Yes we have, but we all have different experiences and priorities.IS works well for many (most?) photographers. My problem with IS is that it hinders AF on moving subjects and since I stopped using IS my "Keeper" rate has improved without any losses on static subjects.
I believe that you are quite correct when you state that Canon is not going to release a telephoto lens without IS - I would be very surprised (but glad) if they did. Canon has the very best IS system available, at present, and I cannot see them turning down the marketing opportunities that it offers.

Having said that I have found that Canon IS lenses perform better with IS off and can only speculate that they would be better still if it wasn't fitted in the first place - unfortunately there are no direct comparisons to prove/disprove this as they are not made. We have to work with what lenses are available and the majority have IS whether I like it or not. As such I would suggest/encourage users to try turning IS off and see what happens. In my (and quite a few other) cases this has resulted in better results. If users don't like it they can always turn it back on - there are no fixed rules here, it's just what works best.

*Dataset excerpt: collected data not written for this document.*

-- ===== src/RuntimeQueue.antt =====
-- native_framing/runtime_queue.py: the bounded queues between the scheduler and the decoders. The
-- lock makes each method one step; a negative number has no `ℕ`, and the type tests are Python's.
pub mod Invariant
pub mod Lossless
use gs_flowgraphs.Base.{
  ℕ, zero, suc, ◌+◌, ◌≤◌, Bool, true, false, List, [], ◌∷◌, ◌++◌, map, ◌||◌, Result, ok,
  value_error,
}
use gs_flowgraphs.Base.{ltb, leb, ◌==◌, if◌then◌else◌, length}

pub record QueueStats : Type 0 where
  pub capacity_items : ℕ
  pub capacity_units : ℕ
  pub queued_items : ℕ
  pub queued_units : ℕ
  pub accepted_items : ℕ
  pub accepted_units : ℕ
  pub drained_items : ℕ
  pub drained_units : ℕ
  pub dropped_items : ℕ
  pub dropped_units : ℕ

-- `require_lossless`: `QueueOverflowError`, or nothing.
pub data Checked : Type 0 where
  lossless : Checked
  queue_overflow : QueueStats → Checked

unfoldable pub require_lossless : QueueStats → Checked
require_lossless stats = if stats.dropped_items == 0 then lossless else queue_overflow stats

pub record Entry (T : Type 0) : Type 0 where
  pub item : T
  pub units : ℕ

pub record BoundedQueue (T : Type 0) : Type 0 where
  pub capacity_items : ℕ
  pub capacity_units : ℕ
  pub items : List (Entry T)
  pub queued_units : ℕ
  pub accepted_items : ℕ
  pub accepted_units : ℕ
  pub drained_items : ℕ
  pub drained_units : ℕ
  pub dropped_items : ℕ
  pub dropped_units : ℕ

module _ {T : Type 0} where
  -- `__init__`
  unfoldable pub init : ℕ → ℕ → Result (BoundedQueue T)
  init capacity_items capacity_units =
      if capacity_items == 0 || capacity_units == 0
      then value_error
      else ok (record {
        capacity_items = capacity_items;
        capacity_units = capacity_units;
        items = [];
        queued_units = 0;
        accepted_items = 0;
        accepted_units = 0;
        drained_items = 0;
        drained_units = 0;
        dropped_items = 0;
        dropped_units = 0;
      })

  -- The new queue, and whether the item was taken.
  unfoldable pub offer : BoundedQueue T → T → ℕ → BoundedQueue T × Bool
  offer q item units =
      if leb q.capacity_items (length q.items) || ltb q.capacity_units (q.queued_units + units)
      then (
        record q { dropped_items = q.dropped_items + 1; dropped_units = q.dropped_units + units },
        false,
      )
      else (
        record q {
          items = q.items ++ record { item = item; units = units } ∷ [];
          queued_units = q.queued_units + units;
          accepted_items = q.accepted_items + 1;
          accepted_units = q.accepted_units + units;
        },
        true,
      )

  -- What `drain` does with a queue that is not empty.
  pub drain_all : BoundedQueue T → BoundedQueue T × List T
  drain_all q = (
    record q {
      items = [];
      queued_units = 0;
      drained_items = q.drained_items + length q.items;
      drained_units = q.drained_units + q.queued_units;
    },
    map (λ e. e.item) q.items,
  )

  unfoldable pub drain : BoundedQueue T → BoundedQueue T × List T
  unfolding drain_all
  drain q = if length q.items == 0 then (q, []) else drain_all q

  unfoldable pub stats : BoundedQueue T → QueueStats
  stats q = record {
    capacity_items = q.capacity_items;
    capacity_units = q.capacity_units;
    queued_items = length q.items;
    queued_units = q.queued_units;
    accepted_items = q.accepted_items;
    accepted_units = q.accepted_units;
    drained_items = q.drained_items;
    drained_units = q.drained_units;
    dropped_items = q.dropped_items;
    dropped_units = q.dropped_units;
  }
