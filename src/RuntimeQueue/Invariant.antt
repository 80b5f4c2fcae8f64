-- ===== src/RuntimeQueue/Invariant.antt =====
-- The bounds and the accounts of the queue, over every operation.
use gs_flowgraphs.Base.{ℕ, ◌+◌, ◌≤◌, ◌≡◌, List, [], ◌∷◌, ◌++◌, ok, arith}
use gs_flowgraphs.Base.{length, length-append}
use gs_flowgraphs.RuntimeQueue.{BoundedQueue, Entry, init, offer, drain}

module _ {T : Type 0} where
  abbrev pub total_units : List (Entry T) → ℕ
  total_units [] = 0
  total_units (e ∷ items) = e.units + total_units items

  total_units-append :
      (xs ys : List (Entry T)) → total_units (xs ++ ys) ≡ total_units xs + total_units ys
  total_units-append [] ys = omega arith
  total_units-append (e ∷ xs) ys = omega (arith, total_units-append xs ys)

  pub record IsAccounted (q : BoundedQueue T) : Type 0 where
    pub within_items : length q.items ≤ q.capacity_items
    pub within_units : q.queued_units ≤ q.capacity_units
    pub units_counted : q.queued_units ≡ total_units q.items
    pub items_balance : q.accepted_items ≡ q.drained_items + length q.items
    pub units_balance : q.accepted_units ≡ q.drained_units + q.queued_units

  pub init-IsAccounted :
      (capacity_items capacity_units : ℕ) (q : BoundedQueue T)
      → init capacity_items capacity_units ≡ ok q
      → IsAccounted q
  unfolding init
  init-IsAccounted ci cu q h = ground arith

  pub offer-IsAccounted :
      (q : BoundedQueue T) (item : T) (units : ℕ)
      → IsAccounted q
      → IsAccounted (offer q item units).0
  unfolding offer
  offer-IsAccounted q item units v = ground (
    arith,
    length-append q.items (record { item = item; units = units } ∷ []),
    total_units-append q.items (record { item = item; units = units } ∷ []),
  )

  pub drain-IsAccounted : (q : BoundedQueue T) → IsAccounted q → IsAccounted (drain q).0
  unfolding drain
  drain-IsAccounted q v = ground arith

Incidentally you say "Hand holding the 800L is quite a feat, and I can only respect your being able to" deserves no respect (but thanks for the thought!) it is quite easy - but only for a few seconds! My arms look like matchsticks so it isn't going to stay on target long! I can do it and have had some nice results but I struggle with IS as by the time I have finally achieved AF lock I am struggling and tracking is getting iffy or has failed - like my arms! Without IS it locks and tracks better/faster so I have a sporting chance.

Just my experiences, if you and others find my suggestions to be wrong then that's fine - use what works best for you. I don't have the answers - just suggestions that work for me and some others.

That was a bit of a long post - I need a break!


----------



## scyrene (Jun 18, 2016)

johnf3f said:


> scyrene said:
> 
> 
> > I think we've disagreed on the usefulness of IS before John, and I respect your experience, but I still think its usefulness outweighs any disadvantage (and I've not found it impinges on AF acquisition etc, but admit I've done no empirical testing of that).
> ...



Heh  Actually, I probably should remember to turn off IS on the rare occasions I try to shoot birds in flight - I agree with you that anything extra taxing the system that isn't helping should be removed - and IS isn't going to make any positive contribution to most shots in that situation. Maybe I've mellowed! I must try swifts again this summer before they fly off, anyhow.

Yeah, I've found the type of shooting makes a big difference to stamina - and my arms are weedy too  I can carry the 500L around for hours, doing bursts of shooting, but holding it up, aimed at a static target - or following birds round the sky - I can only manage for a few minutes, maybe ten or fifteen at most, before it gets too painful.


----------



## Deleted member 91053 (Jun 18, 2016)

scyrene said:


> Heh  Actually, I probably should remember to turn off IS on the rare occasions I try to shoot birds in flight - I agree with you that - aanything extra taxing the system that isn't helping should be removed nd IS isn't going to make any positive contribution to most shots in that situation. Maybe I've mellowed! I must try swifts again this summer before they fly off, anyhow.
> 
> Yeah, I've found the type of shooting makes a big difference to stamina - and my arms are weedy too  I can carry the 500L around for hours, doing bursts of shooting, but holding it up, aimed at a static target - or following birds round the sky - I can only manage for a few minutes, maybe ten or fifteen at most, before it gets too painful.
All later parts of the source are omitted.